Input data Start Marker
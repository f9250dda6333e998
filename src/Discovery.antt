-- ===== src/Discovery.antt =====
-- src/airgap_ai_gateway/discovery.py: the choice among discovered candidates.
pub mod Unique
use airgapped_ai_gateway_k8s.Base.{
  ℕ, String, ◌<>◌, Bool, true, false, not, ◌||◌, List, [], ◌∷◌, Option, none, some, ◌==◌, length,
  keep, if◌then◌else◌,
}
use airgapped_ai_gateway_k8s.Base.Int.{ℤ, int_eq, int_leb}
use airgapped_ai_gateway_k8s.Base.Order.{tuple_lt, sorted}
use airgapped_ai_gateway_k8s.Base.Outcome.{Result, ok, err, discovery_error}
use airgapped_ai_gateway_k8s.Models.{GatewayConfig}

pub record DiscoveryReport : Type 0 where
  pub platform : String
  pub expected_context : String
  pub model_count : ℕ
  pub consumer_count : ℕ
  pub status : String

pub record DiscoveryCandidate : Type 0 where
  pub name : String
  pub namespace : String
  pub score : ℤ
  pub details : String

unfoldable pub discover : GatewayConfig → DiscoveryReport
discover config = record {
  platform = config.platform.name;
  expected_context = config.platform.cluster.expected_context;
  model_count = length config.models;
  consumer_count = length config.consumers;
  status = "offline-discovery-skeleton";
}

-- a < b
abbrev pub int_lt : ℤ → ℤ → Bool
int_lt a b = not (int_leb b a)

-- The order of the keys (-score, namespace, name).
unfoldable pub candidate_lt : DiscoveryCandidate → DiscoveryCandidate → Bool
candidate_lt a b =
    if int_eq a.score b.score
    then tuple_lt (a.namespace ∷ a.name ∷ []) (b.namespace ∷ b.name ∷ [])
    else int_lt b.score a.score

-- The loop over the candidates for the override.
unfoldable pub find_override : String → List DiscoveryCandidate → Result DiscoveryCandidate
find_override override [] = err (discovery_error "override did not match any discovered candidate")
find_override override (c ∷ cs) =
    let rest = find_override override cs in
    if c.name == override || (c.namespace <> ("/" <> c.name)) == override then ok c else rest

abbrev pub has_score : ℤ → DiscoveryCandidate → Bool
has_score score c = int_eq c.score score

-- The winner of the sorted candidates, if no other has its score.
unfoldable pub require_unique : List DiscoveryCandidate → Result DiscoveryCandidate
require_unique [] = err (discovery_error "no candidates discovered")
require_unique (winner ∷ rest) = elim (keep (has_score winner.score) rest) [
  | [] ↦ ok winner
  | other ∷ others ↦ err (discovery_error "ambiguous discovery")
]

unfoldable pub select_unique_candidate :
    List DiscoveryCandidate → Option String → Result DiscoveryCandidate
unfolding find_override require_unique candidate_lt
select_unique_candidate [] override = err (discovery_error "no candidates discovered")
select_unique_candidate (c ∷ cs) (some override) = find_override override (c ∷ cs)
select_unique_candidate (c ∷ cs) none = require_unique (sorted candidate_lt (c ∷ cs))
Input data End Marker
Work to complete:
Check each line of the data above for the word "discovered" and say how many lines have it. Give the number alone.

Written answer:
4